Objective: To evaluate the feasibility of an automated intensive care unit (ICU) risk adjustment tool (acronym: SISVistA) developed by selecting a subset of predictor variables from the Acute Physiology and Chronic Health Evaluation (APACHE) III available in the existing computerized database of the Department of Veterans Affairs (VA) healthcare system and modifying the APACHE diagnostic and comorbidity approach.
Design: Retrospective cohort study.
Setting: Six ICUs in three Ohio Veterans Affairs hospitals.
Patient selection: The first ICU admission of all patients from February 1996 through July 1997.
Outcome measure: Mortality at hospital discharge.

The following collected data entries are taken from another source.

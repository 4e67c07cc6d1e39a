-- ===== src/Orders/Gated.antt =====
-- execution/order_manager.py: nothing is consumed or sent that the pre-trade gate has not passed.
use mathlib.Core.Path.{subst}
use trading_cat.Base.{
  ℕ, String, ◌≡◌, refl, ap, ◌∙◌, Bool, true, Option, List, [], ◌∷◌, ◌⊎◌, inl, inr,
}
use trading_cat.Base.Action.{Result, ok, err, continue_with, ◌>>=◌, raise, when}
use trading_cat.Base.Action.Relates.{Relates, Relates-modify, IsPreorder, relates_rules}
use trading_cat.Base.Action.Outcome.{OnOk, always-OnOk, bind-OnOk, gets-OnOk}
use trading_cat.Models.{Decision, Digest}
use trading_cat.Store.{Store, Error, Method, Canary, AuditEvent, Entity}
use trading_cat.Store.AuditLog.{audit, write_audit}
use trading_cat.Store.Canaries.{
  update_canaries, close_rows, close_live_canaries_locked, close_live_canaries,
  close_expired_live_canaries,
}
use trading_cat.Risk.{Inputs, evaluate, reasons}
use trading_cat.Risk.Orders.{Reason}
use trading_cat.Risk.Sound.{IsSafe, evaluate-IsSafe}
use trading_cat.Orders.Consume.{Entry, notify}
use trading_cat.Orders.Submit.{
  Submission, submit, gate, decide_submission, act_on, reject_submission, check_broker,
  refuse_unknown, tidy_canaries, close_expired, close_all, risk_inputs, inputs_of, goes_out,
}

-- Plans, tickets, orders, the broker's orders and fills stay as they are.
pub record Kept (s t : Store) : Type 0 where
  pub plans : t.plans ≡ s.plans
  pub broker_orders : t.broker_orders ≡ s.broker_orders
  pub intents : t.intents ≡ s.intents
  pub confirmations : t.confirmations ≡ s.confirmations
  pub fills : t.fills ≡ s.fills

pub Kept-IsPreorder : IsPreorder Kept
Kept-IsPreorder = record {
  self = λ s. record {
    plans = refl;
    broker_orders = refl;
    intents = refl;
    confirmations = refl;
    fills = refl;
  };
  chain = λ s t u h k. record {
    plans = k.plans ∙ h.plans;
    broker_orders = k.broker_orders ∙ h.broker_orders;
    intents = k.intents ∙ h.intents;
    confirmations = k.confirmations ∙ h.confirmations;
    fills = k.fills ∙ h.fills;
  };
}

canaries-Kept :
    (p : Canary → Bool) (f : Canary → Canary) (s : Store) → Kept s (update_canaries p f s)
unfolding update_canaries
canaries-Kept p f s = record {
  plans = refl;
  broker_orders = refl;
  intents = refl;
  confirmations = refl;
  fills = refl;
}

audit-Kept : (event : AuditEvent) (entity : Entity) → Relates Kept (audit event entity)
unfolding audit write_audit
audit-Kept event entity = Relates-modify _ (λ s. record {
  plans = refl;
  broker_orders = refl;
  intents = refl;
  confirmations = refl;
  fills = refl;
})

ruleset rules = (Kept-IsPreorder, relates_rules, canaries-Kept, audit-Kept)

close_rows-Kept :
    (reason : String) (account : Option String) (p : Canary → Bool) (rs : List Canary)
    → Relates Kept (close_rows reason account p rs)
unfolding close_rows
close_rows-Kept reason account p [] = search rules
close_rows-Kept reason account p (r ∷ rs) = search rules depth 20

close_live_canaries-Kept :
    (reason : String) (account : Option String) → Relates Kept (close_live_canaries reason account)
unfolding close_live_canaries close_live_canaries_locked
close_live_canaries-Kept reason account = search (rules, close_rows-Kept) depth 20

close_expired_live_canaries-Kept :
    (account : Option String) (now : ℕ) → Relates Kept (close_expired_live_canaries account now)
unfolding close_expired_live_canaries close_live_canaries_locked
close_expired_live_canaries-Kept account now = search (rules, close_rows-Kept) depth 20

close_all-Kept : (reason : String) (q : Submission) → Relates Kept (close_all reason q)
unfolding close_all
close_all-Kept reason q = search (rules, close_live_canaries-Kept)

tidy_canaries-Kept : (q : Submission) → Relates Kept (tidy_canaries q)
unfolding tidy_canaries close_expired
tidy_canaries-Kept q = search (rules, close_all-Kept, close_expired_live_canaries-Kept) depth 20

refuse_unknown-Kept : (q : Submission) → Relates Kept (refuse_unknown q)
unfolding refuse_unknown
refuse_unknown-Kept q = search (rules, close_all-Kept) depth 20

check_broker-Kept : (q : Submission) → Relates Kept (check_broker q)
unfolding check_broker
check_broker-Kept q = search rules depth 20

reject_submission-Kept : (q : Submission) (rs : List Reason) → Relates Kept (reject_submission q rs)
unfolding reject_submission notify
reject_submission-Kept q rs = search (rules, close_all-Kept) depth 30

act_on-Kept : (q : Submission) (i : Inputs) (d : Decision) → Relates Kept (act_on q i d)
unfolding act_on
act_on-Kept q i Decision.pass = search rules
act_on-Kept q i Decision.reject = search (rules, reject_submission-Kept)

gate-Kept : (q : Submission) → Relates Kept (gate q)
unfolding gate decide_submission
gate-Kept q = search (rules, act_on-Kept) depth 20

when-gate-Kept : (q : Submission) → Relates Kept (when (goes_out q) (gate q))
when-gate-Kept q = search (rules, gate-Kept)

-- A method that never returns.
abbrev Raises : {A : Type 0} → Result Error A × Store → Type 0
Raises r = OnOk (λ _ _. ⊥) r

module _ {A B : Type 0} (s : Store) where
  continued-Kept :
      (f : A → Method B) (r : Result Error A × Store)
      → Kept s r.1
      → ((a : A) (w : Store) → Kept s w → Kept s (f a w).1 × Raises (f a w))
      → Kept s (continue_with f r).1 × Raises (continue_with f r)
  continued-Kept f (ok a, w) h k = k a w h
  continued-Kept f (err e, w) h k = (h, tt)

  -- What keeps comes first; the rest keeps too and raises.
  pass_on :
      (m : Method A) (f : A → Method B) (u : Store)
      → Relates Kept m
      → Kept s u
      → ((a : A) (w : Store) → Kept s w → Kept s (f a w).1 × Raises (f a w))
      → Kept s ((m >>= f) u).1 × Raises ((m >>= f) u)
  unfolding ◌>>=◌
  pass_on m f u hm hu k = continued-Kept f (m u) (Kept-IsPreorder.chain s u (m u).1 hu (hm.at u)) k

  stopped :
      (f : A → Method B) (r : Result Error A × Store)
      → Kept s r.1
      → Raises r
      → Kept s (continue_with f r).1 × Raises (continue_with f r)
  stopped f (ok a, w) h k = elim k [ ]
  stopped f (err e, w) h k = (h, tt)

  stop_at :
      (m : Method A) (f : A → Method B) (u : Store)
      → Relates Kept m
      → Kept s u
      → Raises (m u)
      → Kept s ((m >>= f) u).1 × Raises ((m >>= f) u)
  unfolding ◌>>=◌
  stop_at m f u hm hu k = stopped f (m u) (Kept-IsPreorder.chain s u (m u).1 hu (hm.at u)) k

module _ (q : Submission) where
  reject_submission-Raises : (rs : List Reason) (u : Store) → Raises (reject_submission q rs u)
  unfolding reject_submission raise
  reject_submission-Raises rs u =
      bind-OnOk _ (λ _ _. Unit) _ _ u (always-OnOk _ (λ _ _. tt) _)
        λ _ v _. bind-OnOk _ (λ _ _. Unit) _ _ v (always-OnOk _ (λ _ _. tt) _) λ _ w _. tt

  act_on-Raises :
      (i : Inputs) (d : Decision) (u : Store) → d ≡ Decision.reject → Raises (act_on q i d u)
  unfolding act_on
  act_on-Raises i Decision.pass u h = cc
  act_on-Raises i Decision.reject u h = reject_submission-Raises (reasons i) u

  gate-Raises : (u : Store) → evaluate (risk_inputs q u) ≡ Decision.reject → Raises (gate q u)
  unfolding gate decide_submission
  gate-Raises u h = gets-OnOk _ _ _ u (
      bind-OnOk _ (λ _ _. Unit) _ _ u (always-OnOk _ (λ _ _. tt) _)
        λ _ v _. act_on-Raises (risk_inputs q u) (evaluate (risk_inputs q u)) v h)

  same_inputs : (s u : Store) → Kept s u → risk_inputs q u ≡ risk_inputs q s
  unfolding risk_inputs
  same_inputs s u h = ap (inputs_of q) h.intents

  module _ (sha256 : Digest) (s : Store) (out : goes_out q ≡ true)
      (rejected : evaluate (risk_inputs q s) ≡ Decision.reject) where
    gated-Raises : (u : Store) → Kept s u → Raises (when (goes_out q) (gate q) u)
    unfolding when
    gated-Raises u h = rw out (gate-Raises u (ap evaluate (same_inputs s u h) ∙ rejected))

    submit-stops : Kept s (submit sha256 q s).1 × Raises (submit sha256 q s)
    unfolding submit
    submit-stops = pass_on s _ _ s (search rules) (Kept-IsPreorder.self s) λ _ t ht.
        pass_on s _ _ t (search (rules, tidy_canaries-Kept)) ht λ _ u hu.
          pass_on s _ _ u (refuse_unknown-Kept q) hu λ _ v hv.
            pass_on s _ _ v (check_broker-Kept q) hv
              λ _ w hw. stop_at s _ _ w (when-gate-Kept q) hw (gated-Raises w hw)

-- A run that raised, and what it left.
pub record IsStopped (s : Store) (r : Result Error (List Entry) × Store) : Type 0 where
  pub error : Error
  pub after : Store
  pub raised : r ≡ (err error, after)
  pub kept : Kept s after

raised-IsStopped :
    (s : Store) (r : Result Error (List Entry) × Store) → Kept s r.1 → Raises r → IsStopped s r
raised-IsStopped s (ok es, t) h k = elim k [ ]
raised-IsStopped s (err e, t) h k = record { error = e; after = t; raised = refl; kept = h }

-- A PAPER or LIVE submission that the gate rejects at the store raises, and leaves every plan, ticket,
-- order, fill and row of the broker's orders as it was.
pub submit_rejected :
    (sha256 : Digest) (q : Submission) (s : Store)
    → goes_out q ≡ true
    → evaluate (risk_inputs q s) ≡ Decision.reject
    → IsStopped s (submit sha256 q s)
submit_rejected sha256 q s out rejected =
    let h = submit-stops q sha256 s out rejected in raised-IsStopped s (submit sha256 q s) h.0 h.1

pub decision-cases : (d : Decision) → (d ≡ Decision.pass) ⊎ (d ≡ Decision.reject)
decision-cases Decision.pass = inl refl
decision-cases Decision.reject = inr refl

never_ok :
    (es : List Entry) (t : Store) (r : Result Error (List Entry) × Store)
    → r ≡ (ok es, t)
    → Raises r
    → ⊥
never_ok es t r h k = subst Raises h k

-- A PAPER or LIVE submission that returns was safe at the store that it started from: all that the
-- gate's soundness lists, with the counts of pending and unknown orders of that store.
pub submit-IsSafe :
    (sha256 : Digest) (q : Submission) (s t : Store) (es : List Entry)
    → goes_out q ≡ true
    → submit sha256 q s ≡ (ok es, t)
    → IsSafe (risk_inputs q s)
submit-IsSafe sha256 q s t es out h = elim (decision-cases (evaluate (risk_inputs q s))) [
  | inl passed ↦ evaluate-IsSafe (risk_inputs q s) passed
  | inr rejected ↦ elim (never_ok es t _ h (submit-stops q sha256 s out rejected).1) [ ]
]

Methods: The predictor variables, including age, comorbidity, diagnosis, admission source (direct or transfer), and laboratory results (from the +/- 24-hr period surrounding admission), were extracted from computerized VA databases, and APACHE III weights were applied using customized software. The weights of all laboratory variables were added and treated as a single variable in the model. A logistic regression model was fitted to predict the outcome and the model was validated using a boot-strapping technique (1,000 repetitions).
Main results: The analysis included all 4,651 eligible cases (442 deaths). The cohort was predominantly male (97.5%) and elderly (63.6 +/- 12.0 yrs). In multivariate analysis, significant predictors of hospital mortality included age (odds ratio [OR], 1.06; 95% confidence interval [CI], 1.04-1.09), comorbidity (OR, 1.11; 95% CI, 1.08-1.15), total laboratory score (OR, 1.07; 95% CI, 1.06-1.08), direct ICU admission (OR, 0.39; 95% CI, 0.31-0.49), and several broad ICU diagnostic categories. The SISVistA model had excellent discrimination and calibration (C statistic = 0.86, goodness-of-fit statistics; p > .20). The area under the receiver operating characteristic curve of the validated model was 0.86.
Conclusions: Using common data elements often found in hospital computer systems, SISVistA predicts hospital mortality among patients in Ohio VA ICUs. This preliminary study supports the development of an automated ICU risk prediction system on a more diverse population.